The park comprises eleven park sites in three separate units:
- Jamaica Bay Unit in Brooklyn and Queens includes much of the shoreline and water below the Shore Parkway beginning at Plum Beach and ending at Kennedy International Airport, along with several dozen islands in Jamaica Bay, a tidal estuary. It also includes most of the western part of the Rockaway peninsula which separates Jamaica Bay from the Atlantic Ocean. Among the sites in this unit are:
- Jamaica Bay Wildlife Refuge is a prime location for viewing birds and bird migrations, diamondback turtle egg-laying and horseshoe crab mating and egg laying. Its 9,155 acres are mostly open water, but include salt marsh, dunes, brackish ponds, woodland, and fields. It is the only "wildlife refuge" in the National Park System. Originally created and managed by New York City as a "wildlife refuge", the term was retained by Gateway when the site was transferred. Usually, federally-managed wildlife refuges are a US Fish & Wildlife Service function.
- Floyd Bennett Field, a historic airfield with a historic district on the National Register of Historic Places, also hosts the Historic Aircraft Restoration Project (H.A.R.P.) in Hangar B where volunteers are working to preserve the park's collection of historic aircraft. Hangar B is open to the public at selected times during the week.[5] Exhibits and programs on the airfield's history are available in the former control tower and terminal, since converted into the Ryan Visitor Center, named for William Fitts Ryan, (the congressman who championed Gateway's creation). The grasslands of Floyd Bennett Field are a good place for viewing falcons and kestrels.[6] Floyd Bennett Field also includes a concession housing recreational facilities including a sports arena and ice skating rinks in adaptively re-used hangers. Within this unit, but still nearby, are Dead Horse Bay, which includes a marina concession, and a golf driving range concession adjacent. Bergen Beach on the north shore of Jamaica Bay (not to be confused with the bordering neighborhood of the same name) is also nearby and within the unit's boundary, supporting a riding academy concession (horses).
- Canarsie Pier is a popular recreation pier and fishing spot on the north shore of the bay.
- Fort Tilden, between Jacob Riis Park and Breezy Point on the Rockaway peninsula, has some of the city's most pristine and secluded ocean beaches, a successional maritime forest, a coastal dune system, and a freshwater pond. Between 1917 and 1974, Fort Tilden served as part of the harbor's system of defenses, and once housed Nike antiaircraft missiles.[7] Today an observatory deck on one of the old batteries offers spectacular views of Jamaica Bay, New York Harbor and the Manhattan skyline. Fort Tilden is one of the best places on New York Harbor to observe hawks during the fall migration.[8]

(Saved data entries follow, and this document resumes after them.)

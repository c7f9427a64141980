-- ===== src/Mesh/Subnet/Allocation.antt =====
-- What crates/pier-core/src/network/wireguard.rs hands out.
use pier.Base.{
  ℕ, zero, suc, ◌+◌, ◌-◌, ◌^◌, ◌≤◌, ◌<◌, Bool, true, false, not, List, [], ◌∷◌, ◌≡◌, ◌↔◌, ◌⊎◌, inl,
  inr, arith, some, none, ltb, ◌==◌, contains, length, keep, Bool-cases, Option-cases, sym, ap, ◌∙◌,
}
use pier.Mesh.Subnet.Bounds.{IsSubnet, first_host_lem, last_host_lem}
use pier.Mesh.Subnet.{Subnet, block, first_host, last_host, hosts, next, lowest_free, allocate_ip}

eq_or_above : (p x : ℕ) → p ≤ x → (p ≡ x) ⊎ (p + 1 ≤ x)
eq_or_above p x lo = ground arith

module _ (used : List ℕ) where
  -- The lowest address of `[cur, end]` that is not used.
  abbrev pub IsLowest : ℕ → ℕ → ℕ → Type 0
  IsLowest cur end r =
      (cur ≤ r)
      × (r ≤ end)
      × (contains used r ≡ false)
      × ((x : ℕ) → cur ≤ x → x < r → contains used x ≡ true)

  abbrev pub AreUsed : ℕ → ℕ → Type 0
  AreUsed cur end = (x : ℕ) → cur ≤ x → x ≤ end → contains used x ≡ true

  stop :
      (fuel cur end : ℕ)
      → end < cur
      → lowest_free (suc fuel) (record { cur = cur; end = end }) used ≡ none
  unfolding lowest_free next
  stop fuel cur end h = ground arith

  take :
      (fuel cur end : ℕ)
      → cur ≤ end
      → contains used cur ≡ false
      → lowest_free (suc fuel) (record { cur = cur; end = end }) used ≡ some cur
  unfolding lowest_free next
  take fuel cur end h f = ground arith

  skip :
      (fuel cur end : ℕ)
      → cur ≤ end
      → end < 2 ^ 32 - 1
      → contains used cur ≡ true
      → lowest_free (suc fuel) (record { cur = cur; end = end }) used
        ≡ lowest_free fuel (record { cur = cur + 1; end = end }) used
  unfolding lowest_free next
  skip fuel cur end h b f = ground arith

  lowest_free-some :
      (fuel cur end r : ℕ)
      → end < 2 ^ 32 - 1
      → lowest_free fuel (record { cur = cur; end = end }) used ≡ some r
      → IsLowest cur end r
  lowest_free-some zero cur end r b e = unfold lowest_free in cc
  lowest_free-some (suc fuel) cur end r b e = elim (Bool-cases (ltb end cur)) [
    | inl over ↦ ground (arith, over, e, stop fuel cur end)
    | inr inside ↦ elim (Bool-cases (contains used cur)) [
      | inr free ↦
          let here : cur ≡ r = ground (arith, inside, free, e, take fuel cur end) in
          (
            omega (arith, here),
            ground (arith, here, inside),
            rw⁻¹ here free,
            λ x lo hi. absurd (omega (arith, here)),
          )
      | inl taken ↦
          let (lo, hi, free, below) =
            lowest_free-some fuel (cur + 1) end r b
              (sym (skip fuel cur end (ground (arith, inside)) b taken) ∙ e) in
          (
            omega (arith, lo),
            hi,
            free,
            λ x from to. elim (eq_or_above cur x from) [
              | inl same ↦ rw⁻¹ same taken
              | inr above ↦ below x above to
            ],
          )
    ]
  ]

  lowest_free-none :
      (fuel cur end : ℕ)
      → end < 2 ^ 32 - 1
      → end < cur + fuel
      → lowest_free fuel (record { cur = cur; end = end }) used ≡ none
      → AreUsed cur end
  lowest_free-none zero cur end b enough e = λ x lo hi. absurd (omega arith)
  lowest_free-none (suc fuel) cur end b enough e = elim (Bool-cases (ltb end cur)) [
    | inl over ↦ λ x lo hi. absurd (ground (arith, over))
    | inr inside ↦ elim (Bool-cases (contains used cur)) [
      | inr free ↦ ground (arith, inside, free, e, take fuel cur end)
      | inl taken ↦
          let above =
            lowest_free-none fuel (cur + 1) end b (omega arith)
              (sym (skip fuel cur end (ground (arith, inside)) b taken) ∙ e) in
          λ x lo hi. elim (eq_or_above cur x lo) [
            | inl same ↦ rw⁻¹ same taken
            | inr more ↦ above x more hi
          ]
    ]
  ]

differs : ℕ → ℕ → Bool
differs v x = not (x == v)

keep-length : (v : ℕ) (xs : List ℕ) → length (keep (differs v) xs) ≤ length xs
unfolding differs
keep-length v [] = omega arith
keep-length v (x ∷ xs) = ground (arith, keep-length v xs)

keep-shorter :
    (v : ℕ) (xs : List ℕ) → contains xs v ≡ true → length (keep (differs v) xs) < length xs
unfolding differs
keep-shorter v [] h = cc
keep-shorter v (x ∷ xs) h = ground (arith, keep-length v xs, keep-shorter v xs)

keep-contains :
    (v y : ℕ) (xs : List ℕ) → y < v → contains xs y ≡ true → contains (keep (differs v) xs) y ≡ true
unfolding differs
keep-contains v y [] l h = cc
keep-contains v y (x ∷ xs) l h = ground (arith, keep-contains v y xs)

-- So many used addresses as there are in the range.
pigeonhole :
    (n cur : ℕ) (used : List ℕ)
    → ((x : ℕ) → cur ≤ x → x < cur + n → contains used x ≡ true)
    → n ≤ length used
pigeonhole zero cur used h = omega arith
pigeonhole (suc n) cur used h =
    let top = h (cur + n) (omega arith) (omega arith) in
    let rest =
      pigeonhole n cur (keep (differs (cur + n)) used)
        λ x lo hi. keep-contains (cur + n) x used hi (h x lo (omega arith)) in
    omega (arith, keep-shorter (cur + n) used top, rest)

module _ (s : Subnet) (v : IsSubnet s) (used : List ℕ) where
  last_below : last_host s < 2 ^ 32 - 1
  last_below = omega (arith, last_host_lem s v, v.inside, v.roomy)

  allocate_ip-some :
      (r : ℕ) → allocate_ip s used ≡ some r → IsLowest used (first_host s) (last_host s) r
  unfolding allocate_ip hosts
  allocate_ip-some r e = lowest_free-some used (2 ^ 32) (first_host s) (last_host s) r last_below e

  allocate_ip-none : allocate_ip s used ≡ none → AreUsed used (first_host s) (last_host s)
  unfolding allocate_ip hosts
  allocate_ip-none e =
      lowest_free-none used (2 ^ 32) (first_host s) (last_host s) last_below
        (omega (arith, last_below)) e

  -- Of a subnet that the parser accepts, `allocate_ip` gives exactly the lowest host between the first
  -- and the last that is not used, and it fails exactly when all of them are used.
  pub allocate_ip-IsLowest :
      ((r : ℕ) → (allocate_ip s used ≡ some r) ↔ IsLowest used (first_host s) (last_host s) r)
      × ((allocate_ip s used ≡ none) ↔ AreUsed used (first_host s) (last_host s))
  allocate_ip-IsLowest = (
    λ r. (
      allocate_ip-some r,
      λ low. elim (Option-cases (allocate_ip s used)) [
        | inl e ↦ ground (arith, allocate_ip-none e r low.0 low.1, low.2)
        | inr (q, e) ↦ e ∙ ap some (lowest_unique q r (allocate_ip-some q e) low)
      ],
    ),
    (
      allocate_ip-none,
      λ all. elim (Option-cases (allocate_ip s used)) [
        | inl e ↦ e
        | inr (q, e) ↦ let low = allocate_ip-some q e in ground (arith, all q low.0 low.1, low.2)
      ],
    ),
  )
    where
      lowest_unique :
          (q r : ℕ)
          → IsLowest used (first_host s) (last_host s) q
          → IsLowest used (first_host s) (last_host s) r
          → q ≡ r
      lowest_unique q r (a, b, c, d) (a', b', c', d') = elim (Bool-cases (ltb q r)) [
        | inl less ↦ ground (arith, d' q a (ground (arith, less)), c)
        | inr more ↦ elim (Bool-cases (ltb r q)) [
          | inl less ↦ ground (arith, d r a' (ground (arith, less)), c')
          | inr same ↦ ground (arith, more, same)
        ]
      ]

  -- In a subnet that the parser accepts there is a free host as long as less addresses are used than it
  -- has hosts: its block less the network and the broadcast address.
  pub allocate_ip-free : length used + 2 < block s.prefix → (r : ℕ) × (allocate_ip s used ≡ some r)
  allocate_ip-free room = elim (Option-cases (allocate_ip s used)) [
    | inr found ↦ found
    | inl e ↦
        let many = pigeonhole (block s.prefix - 2) (first_host s) used λ x lo hi.
          allocate_ip-none e x lo
            (omega (arith, hi, last_host_lem s v, first_host_lem s v, v.roomy)) in
        absurd (omega (arith, many, room, v.roomy))
  ]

- Breezy Point Tip occupies the westernmost part of the Rockaway peninsula, forming one side of the outer "gateway" to New York Harbor. Its 200 acres contain oceanfront beach, bay shoreline, dunes, marshes and coastal grasslands. Breezy Point Tip is a nesting ara for the threatened piping plover.[9]
- Jacob Riis Park is an ocean beach with a boardwalk and historic bathhouse with art deco elements. It was built by powerful New York planner and administrator Robert Moses, and was named after journalist, photographer and reformer Jacob Riis.
- Staten Island Unit is located on the southeastern shore of Staten Island within Lower New York Bay. It includes Hoffman and Swinburne Islands, both off-limits to visitation and managed primarily for the benefit of avian species. The unit also includes the following three sites:
- Fort Wadsworth is a historic collection of masonry fortifications on the site of much earlier fortifications at The Narrows under the Verrazano-Narrows Bridge.
- Miller Field is a historic former airfield south of New Dorp with picnic areas, open areas and sports fields.
- Great Kills Park; includes a marina where visitors can go boating, an beach open to the lower harbor with lifeguards during the summer, and nature trails. It also serves as a nesting site for osprey.
- Sandy Hook Unit is in Monmouth County in northern New Jersey. The barrier peninsula includes two park sites:
- Fort Hancock served as part of the harbor's coastal defense system from 1895 until 1974 and contains 100 historic buildings and fortifications.[10]
- Sandy Hook contains seven beaches, including Gunnison Beach, a "nude beach" by custom, as well as salt marshes and a maritime holly forest. Ferries from Manhattan are available in season. Fishing and using hand-launched vessels are popular here.
Law enforcement in Gateway is the responsibility of the United States Park Police in the New York units, and commissioned park rangers in the New Jersey unit.
Wikimedia Commons has media related to: Gateway National Recreation Area |
[edit] See also
[edit] References
- ^ http://www.nps.gov/gate Gateway National Recreation Area (National Park Service)
- ^ http://nyharborparks.org/visit/gana.html Gateway National Recreation Area (National Parks of New York Harbor Conservancy)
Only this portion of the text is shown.